**Your task**
Pull every line containing "fits" from the data.

**Given records**
-- ===== src/Trigger/Modes.antt =====
-- Measuring does not change what is triggered: every mode steps the same blocks.
use microblx.Base.{
  ℕ, ◌+◌, ◌-◌, ◌%◌, ◌^◌, ◌≡◌, refl, sym, ap, subst, ◌∙◌, false, some, List, arith, inl, inr, ◌⊎◌,
  Bool-cases, ltb,
}
use microblx.Base.Int.{ℤ, pos}
use microblx.Time.{Timespec}
use microblx.Store.{World}
use microblx.Store.Hash.{Uthash}
use microblx.Lifecycle.{Hooks}
use microblx.Trigger.{Tstat, stats, Chain}
use microblx.Trigger.Chains.{
  Run, PortIo, trig_blocks, trig_timed, trig_stats_disabled, trig_stats_global, trig_stats_perblock,
  finalize, trigger_mode, chain_trigger,
}
use microblx.Trigger.Ready.{
  Ready, Goes, Sent, Sendable, finalize-Goes, stats_of_ready, put_stats_ready,
}
use microblx.Trigger.Timed.{trig_timed_lem}

module _ {T : Type 0} ⦃u : Uthash T⦄ (hooks : Hooks T) (io : PortIo T) (clock : ℕ → Timespec)
    (P : World T → Type 0) where
  -- One of the modes that there are, or the first triggers, which are not measured.
  abbrev pub IsMode : Chain → Type 0
  IsMode chain =
      (chain.tstats_mode ≡ pos 0) ⊎ (chain.tstats_mode ≡ pos 1) ⊎ (chain.tstats_mode ≡ pos 2)

  disabled-Goes :
      (chain : Chain) (run : Run T) (ret : ℤ) (w : World T)
      → Ready chain
      → P w
      → trig_blocks hooks chain.every_cnt chain.triggees (pos 0) run.world ≡ some (ret, w)
      → Goes hooks io clock P chain w ret (trig_stats_disabled hooks io clock chain run)
  unfolding trig_stats_disabled
  disabled-Goes chain run ret w r kind out = (
    chain,
    record run { world = w },
    rw (trig_stats_disabled, out) refl,
    inl refl,
    kind,
    record {
      same_triggees = refl;
      same_count = refl;
      same_mode = refl;
      same_port = refl;
      ready = r;
    },
  )

  global-Goes :
      (chain : Chain) (run : Run T) (ret : ℤ) (w : World T)
      → Ready chain
      → chain.tstats_mode ≡ pos 1
      → Sendable hooks io P chain
      → P w
      → trig_blocks hooks chain.every_cnt chain.triggees (pos 0) run.world ≡ some (ret, w)
      → Goes hooks io clock P chain w ret (trig_stats_global hooks io clock chain run)
  unfolding trig_stats_global
  global-Goes chain run ret w r mode sends kind out =
      rw (trig_stats_global, out)
        (finalize-Goes hooks io clock P ret (clock run.readings) chain
          (record run { world = w; readings = run.readings + 1 }) r (inl (rw mode refl)) sends kind)

  perblock_run :
      (chain : Chain) (run : Run T) (sts sts' : List Tstat) (n : ℕ) (ret : ℤ) (w : World T)
      → chain.blk_tstats ≡ stats sts
      → trig_timed hooks clock chain.every_cnt chain.triggees sts
          (pos 0)
          (run.readings + 1)
          run.world
        ≡ some (ret, sts', n, w)
      → trig_stats_perblock hooks io clock chain run
        ≡ finalize hooks io clock ret
            (clock run.readings)
            (record chain { blk_tstats = stats sts' })
            (record run { world = w; readings = n })
  unfolding trig_stats_perblock
  perblock_run chain run sts sts' n ret w at timed =
      let there = stats_of_ready chain sts at in
      let old = put_stats_ready chain sts sts' at in
      rw (trig_stats_perblock, there, timed, old) refl

  perblock-Goes :
      (chain : Chain) (run : Run T) (ret : ℤ) (w : World T)
      → Ready chain
      → chain.tstats_mode ≡ pos 2
      → Sendable hooks io P chain
      → P w
      → trig_blocks hooks chain.every_cnt chain.triggees (pos 0) run.world ≡ some (ret, w)
      → Goes hooks io clock P chain w ret (trig_stats_perblock hooks io clock chain run)
  unfolding trig_stats_perblock
  perblock-Goes chain run ret w r mode sends kind out =
      let (sts, at, fit) = r.fits (rw mode refl) in
      let (sts', n, timed, same) =
        trig_timed_lem hooks clock chain.every_cnt chain.triggees sts (pos 0) (run.readings + 1)
          run.world ret w r.divides fit out in
      let chain1 = record chain { blk_tstats = stats sts' } in
      let ready1 : Ready chain1 = record {
        divides = r.divides;
        fits = λ _. (sts', refl, same ∙ fit);
        index = r.index;
      } in
      let (chain2, run2, done, at_w, kind2, kept) =
        finalize-Goes hooks io clock P ret (clock run.readings) chain1
          (record run { world = w; readings = n }) ready1 (inr (rw mode refl)) sends kind in
      (
        chain2,
        run2,
        perblock_run chain run sts sts' n ret w at timed ∙ done,
        at_w,
        kind2,
        record {
          same_triggees = kept.same_triggees;
          same_count = kept.same_count;
          same_mode = kept.same_mode;
          same_port = kept.same_port;
          ready = kept.ready;
        },
      )

  choose_disabled :
      (chain : Chain) (run : Run T)
      → ltb 0 chain.tstats_skip_first ≡ false
      → chain.tstats_mode ≡ pos 0
      → trigger_mode hooks io clock chain run ≡ trig_stats_disabled hooks io clock chain run
  unfolding trigger_mode
  choose_disabled chain run no_skip mode = ground arith

  choose_global :
      (chain : Chain) (run : Run T)
      → ltb 0 chain.tstats_skip_first ≡ false
      → chain.tstats_mode ≡ pos 1
      → trigger_mode hooks io clock chain run ≡ trig_stats_global hooks io clock chain run
  unfolding trigger_mode
  choose_global chain run no_skip mode = ground arith

  choose_perblock :
      (chain : Chain) (run : Run T)
      → ltb 0 chain.tstats_skip_first ≡ false
      → chain.tstats_mode ≡ pos 2
      → trigger_mode hooks io clock chain run ≡ trig_stats_perblock hooks io clock chain run
  unfolding trigger_mode
  choose_perblock chain run no_skip mode = ground arith

  trigger_mode-Goes :
      (chain : Chain) (run : Run T) (ret : ℤ) (w : World T)
      → Ready chain
      → IsMode chain
      → Sendable hooks io P chain
      → P w
      → trig_blocks hooks chain.every_cnt chain.triggees (pos 0) run.world ≡ some (ret, w)
      → Goes hooks io clock P chain w ret (trigger_mode hooks io clock chain run)
  unfolding trigger_mode
  trigger_mode-Goes chain run ret w r mode sends kind out =
      elim (Bool-cases (ltb 0 chain.tstats_skip_first)) [
        | inl skip ↦
            let chain1 = record chain { tstats_skip_first = chain.tstats_skip_first - 1 } in
            let ready1 : Ready chain1 = record {
              divides = r.divides;
              fits = r.fits;
              index = r.index;
            } in
            let (chain2, run2, done, at_w, kind2, kept) =
              disabled-Goes chain1 run ret w ready1 kind out in
            (
              chain2,
              run2,
              rw (trigger_mode, skip) done,
              at_w,
              kind2,
              record {
                same_triggees = kept.same_triggees;
                same_count = kept.same_count;
                same_mode = kept.same_mode;
                same_port = kept.same_port;
                ready = kept.ready;
              },
            )
        | inr no_skip ↦ elim mode [
          | inl e ↦
              subst (Goes hooks io clock P chain w ret) (sym (choose_disabled chain run no_skip e))
                (disabled-Goes chain run ret w r kind out)
          | inr (inl e) ↦
              subst (Goes hooks io clock P chain w ret) (sym (choose_global chain run no_skip e))
                (global-Goes chain run ret w r e sends kind out)
          | inr (inr e) ↦
              subst (Goes hooks io clock P chain w ret) (sym (choose_perblock chain run no_skip e))
                (perblock-Goes chain run ret w r e sends kind out)
        ]
      ]

  -- Triggering a chain that is ready, in one of the three modes, goes through with the code of
  -- the plain loop over its blocks, if that does and if, in the worlds of a kind that it leaves,
  -- statistics can be written to the chain's port: it does to the world what that loop does,
  -- measuring changes nothing, and at most one write follows, of one of the chain's own
  -- statistics, to its port. The world is of that kind again, the triggees, the mode and the port
  -- stay, the counter goes up by 1 modulo 2^32, and the chain is ready again.
  pub chain_trigger-Goes :
      (chain : Chain) (run : Run T) (ret : ℤ) (w : World T)
      → Ready chain
      → IsMode chain
      → Sendable hooks io P chain
      → P w
      → trig_blocks hooks chain.every_cnt chain.triggees (pos 0) run.world ≡ some (ret, w)
      → (chain' : Chain) × (run' : Run T) × (chain_trigger hooks io clock chain run
          ≡ some (ret, chain', run'))
        × Sent hooks io P chain' w run'.world
        × P run'.world
        × (chain'.triggees ≡ chain.triggees)
        × (chain'.every_cnt ≡ (chain.every_cnt + 1) % 2 ^ 32)
        × (chain'.tstats_mode ≡ chain.tstats_mode)
        × (chain'.p_tstats ≡ chain.p_tstats)
        × Ready chain'
  unfolding chain_trigger
  chain_trigger-Goes chain run ret w r mode sends kind out =
      let (chain1, run1, done, at_w, kind1, kept) =
        trigger_mode-Goes chain run ret w r mode sends kind out in
      (
        record chain1 { every_cnt = (chain1.every_cnt + 1) % 2 ^ 32 },
        run1,
        rw (chain_trigger, done) refl,
        at_w,
        kind1,
        kept.same_triggees,
        ap (λ n. (n + 1) % 2 ^ 32) kept.same_count,
        kept.same_mode,
        kept.same_port,
        record { divides = kept.ready.divides; fits = kept.ready.fits; index = kept.ready.index },
      )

**Expected output**
      let (sts, at, fit) = r.fits (rw mode refl) in
        fits = λ _. (sts', refl, same ∙ fit);
              fits = r.fits;
        record { divides = kept.ready.divides; fits = kept.ready.fits; index = kept.ready.index },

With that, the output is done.